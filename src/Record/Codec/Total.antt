-- ===== src/Record/Codec/Total.antt =====
-- Decompression ends with a payload or an error.
use oxihipo.Prelude.{
  ℕ, ◌+◌, inl, inr, [], Option, none, some, ltb, ◌==◌, ◌≢◌, length, take, Bytes, panic, ◌>>=◌,
  refuse_if, ok_or, HipoError, Bool-cases, >>=-ne-panic, ok-ne-panic, refuse_if-ne-panic,
}
use oxihipo.Wire.Constants.Tags.{Codec, CompressionType, codec}
use oxihipo.Record.Codec.{deflate, compress_at, compress, Backends, enough, inflate, decompress}

ok_or-ne-panic : (o : Option Bytes) (e : HipoError) → ok_or o e ≢ panic
ok_or-ne-panic none problem e = cc
ok_or-ne-panic (some a) problem e = cc

enough-ne-panic : (n : ℕ) (out : Bytes) → enough n out ≢ panic
enough-ne-panic n out =
    >>=-ne-panic (refuse_if (ltb (length out + 65536) n) _) _ (refuse_if-ne-panic _ _)
      (λ u _. ok-ne-panic out)

checked-ne-panic : (o : Option Bytes) (e : HipoError) (n : ℕ) → (ok_or o e >>= enough n) ≢ panic
checked-ne-panic o e n =
    >>=-ne-panic (ok_or o e) (enough n) (ok_or-ne-panic o e) (λ out _. enough-ne-panic n out)

module _ (b : Backends) where
  inflate-ne-panic : (k : Codec) (src : Bytes) (n : ℕ) → inflate b k src n ≢ panic
  unfolding inflate
  inflate-ne-panic Codec.none src n =
      >>=-ne-panic (refuse_if (ltb (length src) n) _) _ (refuse_if-ne-panic _ _)
        (λ u _. ok-ne-panic (take n src))
  inflate-ne-panic Codec.gzip src n = checked-ne-panic _ _ n
  inflate-ne-panic Codec.zstd src n = checked-ne-panic _ _ n
  inflate-ne-panic Codec.lz4 src n = elim (Bool-cases (n == 0)) [
    | inl h ↦ rw h (ok-ne-panic [])
    | inr h ↦ rw h (checked-ne-panic _ _ n)
  ]
  inflate-ne-panic Codec.lz4_hc src n = elim (Bool-cases (n == 0)) [
    | inl h ↦ rw h (ok-ne-panic [])
    | inr h ↦ rw h (checked-ne-panic _ _ n)
  ]

  pub decompress-ne-panic :
      (kind : CompressionType) (src : Bytes) (n : ℕ) → decompress b kind src n ≢ panic
  unfolding decompress
  decompress-ne-panic kind src n =
      >>=-ne-panic (refuse_if _ _) _ (refuse_if-ne-panic _ _)
        (λ u _. inflate-ne-panic (codec kind) src n)

  deflate-ne-panic : (k : Codec) (level : ℕ) (src : Bytes) → deflate b k level src ≢ panic
  unfolding deflate
  deflate-ne-panic Codec.none level src = ok-ne-panic src
  deflate-ne-panic Codec.lz4 level src = ok_or-ne-panic _ _
  deflate-ne-panic Codec.lz4_hc level src = ok_or-ne-panic _ _
  deflate-ne-panic Codec.gzip level src = ok_or-ne-panic _ _
  deflate-ne-panic Codec.zstd level src = ok_or-ne-panic _ _

  pub compress-ne-panic : (kind : CompressionType) (src : Bytes) → compress b kind src ≢ panic
  unfolding compress compress_at
  compress-ne-panic kind src = deflate-ne-panic (codec kind) 3 src
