-- ===== src/Record/Codec/RoundTrip.antt =====
-- Decompression undoes compression, whatever follows the stream in an uncompressed record.
use oxihipo.Prelude.{
  ℕ, ◌+◌, ◌-◌, ◌*◌, ◌^◌, ◌≤◌, ◌<◌, ◌≡◌, min, refl, sym, ap, ◌∙◌, arith, Bool, true, false, [], ◌∷◌,
  ◌++◌, Option, none, some, ◌==◌, length, take, Bytes, ok, ok_or, HipoError, le→ltb_false,
  take-append-length, length-append, ok-injective,
}
use oxihipo.Wire.Constants.Tags.{Codec, CompressionType, codec}
use oxihipo.Record.Codec.{
  Backends, Lossless, IsPlausible, target_len, max_plausible_decompressed, enough, inflate,
  decompress, deflate, compress_at,
}

ok_or-ok : (o : Option Bytes) (e : HipoError) {out : Bytes} → ok_or o e ≡ ok out → o ≡ some out
ok_or-ok none problem h = cc
ok_or-ok (some x) problem h = ap some (ok-injective h)

enough-ok : (src : Bytes) → enough (length src) src ≡ ok src
enough-ok src = rw (le→ltb_false (length src + 65536) (length src) (omega arith)) refl

-- The LZ4 decoder has room for the payload, whatever the capacity was.
target_len-fits :
    (capacity comp_len expected : ℕ)
    → expected < 2 ^ 62
    → expected ≤ target_len capacity comp_len expected
unfolding target_len
target_len-fits capacity comp_len expected h = ground arith

module _ (b : Backends) (l : Lossless b) where
  -- The padding that follows an uncompressed payload.
  abbrev pub Padded : Codec → Bytes → Bytes → Bytes → Type 0
  Padded Codec.none out pad input = input ≡ out ++ pad
  Padded _ out pad input = input ≡ out

  lz4_back :
      (hc : Bool) (src out input : Bytes)
      → length src < 2 ^ 62
      → b.lz4_compress hc src ≡ some out
      → input ≡ out
      → inflate b Codec.lz4 input (length src) ≡ ok src
  unfolding inflate
  lz4_back hc [] out input h made p = refl
  lz4_back hc (c ∷ cs) out input h made p =
      let src : Bytes = c ∷ cs in
      let limit : ℕ = target_len (b.capacity input (length src)) (length input) (length src) in
      let back : b.lz4_decompress input limit ≡ some src =
        ap (λ x. b.lz4_decompress x limit) p
        ∙ l.lz4 hc src out limit made
            (target_len-fits (b.capacity input (length src)) (length input) (length src) h) in
      let busy : (length src == 0) ≡ false = ground arith in rw (busy, back) (enough-ok src)

  inflate-deflate :
      (k : Codec) (level : ℕ) (src out pad input : Bytes)
      → length src < 2 ^ 62
      → deflate b k level src ≡ ok out
      → Padded k out pad input
      → inflate b k input (length src) ≡ ok src
  unfolding inflate deflate
  inflate-deflate Codec.none level src out pad input h e p =
      let same : input ≡ src ++ pad = p ∙ ap (λ x. x ++ pad) (sym (ok-injective e)) in
      let long : length src ≤ length input = omega (arith, ap length same, length-append src pad) in
      rw (le→ltb_false (length input) (length src) long)
        (ap (λ x. ok (take (length src) x)) same ∙ ap ok (take-append-length src pad))
  inflate-deflate Codec.gzip level src out pad input h e p =
      let made : b.gzip_encode src ≡ some out = ok_or-ok (b.gzip_encode src) _ e in
      rw (p, l.gzip src out (min (length src + 65536) (2 ^ 64 - 1)) made (omega arith))
        (enough-ok src)
  inflate-deflate Codec.zstd level src out pad input h e p =
      let made : b.zstd_encode level src ≡ some out = ok_or-ok (b.zstd_encode level src) _ e in
      rw (p, l.zstd level src out (min (length src + 65536) (2 ^ 64 - 1)) made (omega arith))
        (enough-ok src)
  inflate-deflate Codec.lz4 level src out pad input h e p =
      lz4_back false src out input h (ok_or-ok (b.lz4_compress false src) _ e) p
  inflate-deflate Codec.lz4_hc level src out pad input h e p =
      lz4_back true src out input h (ok_or-ok (b.lz4_compress true src) _ e) p

  -- The bound on plausible sizes admits what was compressed.
  plausible :
      (kind : CompressionType) (level : ℕ) (src out pad input : Bytes)
      → length src < 2 ^ 62
      → deflate b (codec kind) level src ≡ ok out
      → Padded (codec kind) out pad input
      → IsPlausible b (codec kind) level src
      → length src ≤ max_plausible_decompressed kind (length input)
  unfolding deflate max_plausible_decompressed
  plausible kind level src out pad input h e p q = from (codec kind) e p q
    where
      same :
          input ≡ out
          → length src ≤ length out * 1056 + 65536
          → length src ≤ min (min (length input * 1056) (2 ^ 64 - 1) + 65536) (2 ^ 64 - 1)
      same q r = omega (arith, ap length q)

      from :
          (k : Codec)
          → deflate b k level src ≡ ok out
          → Padded k out pad input
          → IsPlausible b k level src
          → length src ≤ (elim k [
            | Codec.none ↦ length input
            | _ ↦ min (min (length input * 1056) (2 ^ 64 - 1) + 65536) (2 ^ 64 - 1)
          ])
      from Codec.none e p q =
          omega (arith, ap length p, length-append out pad, ap length (ok-injective e))
      from Codec.gzip e p q = same p (l.gzip_ratio src out (ok_or-ok (b.gzip_encode src) _ e))
      from Codec.zstd e p q = same p (q out (ok_or-ok (b.zstd_encode level src) _ e))
      from Codec.lz4 e p q =
          same p (l.lz4_ratio false src out (ok_or-ok (b.lz4_compress false src) _ e))
      from Codec.lz4_hc e p q =
          same p (l.lz4_ratio true src out (ok_or-ok (b.lz4_compress true src) _ e))

  pub decompress-compress_at :
      (kind : CompressionType) (level : ℕ) (src out pad input : Bytes)
      → length src < 2 ^ 62
      → compress_at b kind level src ≡ ok out
      → Padded (codec kind) out pad input
      → IsPlausible b (codec kind) level src
      → decompress b kind input (length src) ≡ ok src
  unfolding decompress compress_at
  decompress-compress_at kind level src out pad input h e p q =
      rw
        (le→ltb_false (max_plausible_decompressed kind (length input)) (length src)
          (plausible kind level src out pad input h e p q))
        (inflate-deflate (codec kind) level src out pad input h e p)
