-- ===== src/Record/Builder/RoundTrip.antt =====
-- A record that the builder made, loaded again.
use mathlib.Core.Path.{subst}
use oxihipo.Prelude.{
  ℕ, ◌+◌, ◌-◌, ◌*◌, ◌^◌, ◌≤◌, ◌<◌, ◌≡◌, refl, sym, ap, ◌∙◌, arith, false, List, ◌∷◌, ◌++◌, none,
  ltb, length, take, replicate, Bytes, ok, length-append, length-replicate, take-append-length,
  le→ltb_false,
}
use oxihipo.Wire.Bytes.{little, slice}
use oxihipo.Wire.Bytes.Laws.{slice_rest}
use oxihipo.Wire.Constants.Tags.{
  Codec, Layout, CompressionType, codec, layout, for_pair, is_by_bank,
}
use oxihipo.Wire.Constants.Tags.RoundTrip.{codec-for_pair}
use oxihipo.Wire.RecordHeader.{RecordHeader, payload_bytes, decompressed_payload_size}
use oxihipo.Event.BankBuilder.{concat}
use oxihipo.Record.Codec.{Backends, Lossless, IsPlausible, compress, compress_at}
use oxihipo.Record.Codec.RoundTrip.{Padded, decompress-compress_at}
use oxihipo.Record.Decode.{
  Record, data_section_offset, compressed_input, decode_payload, load_with_header,
}
use oxihipo.Record.Builder.{Compression, wire_tag, total_data, block_header, block_pad}
use oxihipo.Record.Builder.Build.{index_of, length-payload}
use oxihipo.Record.Builder.Events.{ends, build_event_offsets-index_of}

without_pad :
    (stream : Bytes) (pad : ℕ)
    → take (length (stream ++ replicate {A = ℕ} pad 0) - pad) (stream ++ replicate {A = ℕ} pad 0)
      ≡ stream
without_pad stream pad =
    let short : length (stream ++ replicate {A = ℕ} pad 0) - pad ≡ length stream =
      omega
        (arith, length-append stream (replicate {A = ℕ} pad 0), length-replicate {A = ℕ} pad 0) in
    ap (λ k. take k (stream ++ replicate {A = ℕ} pad 0)) short
    ∙ take-append-length stream (replicate {A = ℕ} pad 0)

input-Padded :
    (b : Backends) (l : Lossless b) (k : Codec) (stream : Bytes) (pad : ℕ)
    → Padded b l k stream
        (replicate pad 0)
        (compressed_input (for_pair k Layout.per_chunk) pad (stream ++ replicate pad 0))
unfolding for_pair
input-Padded b l Codec.none stream pad = refl
input-Padded b l Codec.lz4 stream pad = without_pad stream pad
input-Padded b l Codec.lz4_hc stream pad = without_pad stream pad
input-Padded b l Codec.gzip stream pad = without_pad stream pad
input-Padded b l Codec.zstd stream pad = without_pad stream pad

per_chunk-is_by_bank : (k : Codec) → is_by_bank (for_pair k Layout.per_chunk) ≡ false
unfolding is_by_bank layout for_pair
per_chunk-is_by_bank k = ground arith

-- The counts and words that a reader finds in the header.
pub block_header-words :
    (evs : List Bytes) (u1 u2 : ℕ) (c : Compression) (number pad len : ℕ)
    → length evs < 2 ^ 30
    → let h = block_header evs u1 u2 c number pad len in
      (data_section_offset h ≡ length evs * 4)
      × (h.event_count ≡ length evs)
      × (h.record_number ≡ number)
      × (h.user_word_1 ≡ u1)
      × (h.user_word_2 ≡ u2)
unfolding block_header
block_header-words evs u1 u2 c number pad len fits = (omega arith, omega arith, refl, refl, refl)

module _ (b : Backends) (l : Lossless b) where
  decode_payload-built :
      (hdr payload stream : Bytes) (h : RecordHeader) (c : Compression)
      → length hdr ≡ 56
      → h.record_length ≡ 56 + (length stream + block_pad (length stream))
      → h.header_length ≡ 56
      → h.compression ≡ wire_tag c
      → c.layout ≡ Layout.per_chunk
      → h.compressed_data_padding ≡ block_pad (length stream)
      → h.endianness ≡ little
      → decompressed_payload_size h ≡ length payload
      → length payload < 2 ^ 33
      → length stream < 2 ^ 60
      → compress b (wire_tag c) payload ≡ ok stream
      → IsPlausible b c.codec 3 payload
      → decode_payload b (hdr ++ (stream ++ replicate (block_pad (length stream)) 0)) h none
        ≡ ok payload
  unfolding decode_payload compress
  decode_payload-built hdr payload stream h c size total start kind chunk pad order whole small
        short made plausible =
      let padded : Bytes = stream ++ replicate (block_pad (length stream)) 0 in
      let long : length padded ≡ length stream + block_pad (length stream) = omega (
        arith,
        length-append stream (replicate (block_pad (length stream)) 0),
        length-replicate {A = ℕ} (block_pad (length stream)) 0,
      ) in
      let all : length (hdr ++ padded) ≡ 56 + length padded =
        omega (arith, size, length-append hdr padded) in
      let there : ltb (length (hdr ++ padded)) h.record_length ≡ false =
        le→ltb_false _ _ (omega (arith, all, long, total)) in
      let disk : slice (hdr ++ padded) h.header_length (h.header_length + payload_bytes h)
          ≡ ok padded =
        ap (λ k. slice (hdr ++ padded) k (h.header_length + payload_bytes h)) {y = length hdr}
          (omega (arith, start, size))
        ∙ ap (slice (hdr ++ padded) (length hdr)) {y = length (hdr ++ padded)}
            (omega (arith, start, total, all, long))
        ∙ slice_rest hdr padded in
      let k : CompressionType = for_pair c.codec Layout.per_chunk in
      let input : Bytes = compressed_input k (block_pad (length stream)) padded in
      let chunk_made : compress_at b k 3 payload ≡ ok stream =
        ap (λ y. compress_at b (for_pair c.codec y) 3 payload) (sym chunk) ∙ made in
      let good : Padded b l (codec k) stream (replicate (block_pad (length stream)) 0) input =
        subst (λ y. Padded b l y stream (replicate (block_pad (length stream)) 0) input)
          (sym (codec-for_pair c.codec Layout.per_chunk))
          (input-Padded b l c.codec stream (block_pad (length stream))) in
      rw
        (
          there,
          disk,
          pad,
          order,
          whole,
          kind,
          chunk,
          decompress-compress_at b l k 3 payload stream (replicate (block_pad (length stream)) 0)
              input (omega (arith, small)) chunk_made good
              (subst (λ y. IsPlausible b y 3 payload)
                (sym (codec-for_pair c.codec Layout.per_chunk)) plausible),
        )
        refl

  pub load_with_header-built :
      (evs : List Bytes) (u1 u2 number : ℕ) (c : Compression) (hdr stream : Bytes)
      → c.layout ≡ Layout.per_chunk
      → length evs * 4 + total_data evs < 2 ^ 32
      → compress b (wire_tag c) (index_of evs ++ concat evs) ≡ ok stream
      → IsPlausible b c.codec 3 (index_of evs ++ concat evs)
      → length stream + 4 ≤ 2 ^ 30
      → length hdr ≡ 56
      → load_with_header b
          (hdr ++ (stream ++ replicate (block_pad (length stream)) 0))
          (block_header evs u1 u2 c number
            (block_pad (length stream))
            (length stream + block_pad (length stream)))
          none
        ≡ ok (record {
          header =
              block_header evs u1 u2 c number
                (block_pad (length stream))
                (length stream + block_pad (length stream));
          payload = index_of evs ++ concat evs;
          event_offsets = 0 ∷ ends 0 evs;
        })
  unfolding load_with_header block_header
  load_with_header-built evs u1 u2 number c hdr stream chunk fits made plausible short size =
      let h : RecordHeader =
        block_header evs u1 u2 c number (block_pad (length stream))
          (length stream + block_pad (length stream)) in
      let plain : is_by_bank (wire_tag c) ≡ false =
        ap (λ y. is_by_bank (for_pair c.codec y)) chunk ∙ per_chunk-is_by_bank c.codec in
      let decoded =
        decode_payload-built hdr (index_of evs ++ concat evs) stream h c size refl refl refl chunk
          refl refl (omega (arith, length-payload evs, fits))
          (omega (arith, length-payload evs, fits)) (omega (arith, short)) made plausible in
      let offsets =
        build_event_offsets-index_of evs h fits (omega (arith, fits)) (omega (arith, fits)) in
      rw (plain, decoded, offsets) refl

────────

**WORK TASK**
Wherever a line of the entries holds the string "antt", copy that line.

**RESPONSE TO THIS TASK**
filename src/Record/Codec/Total.antt
-- ===== src/Record/Codec/Total.antt =====
-- ===== src/Record/Codec/RoundTrip.antt =====
-- ===== src/Record/Builder/RoundTrip.antt =====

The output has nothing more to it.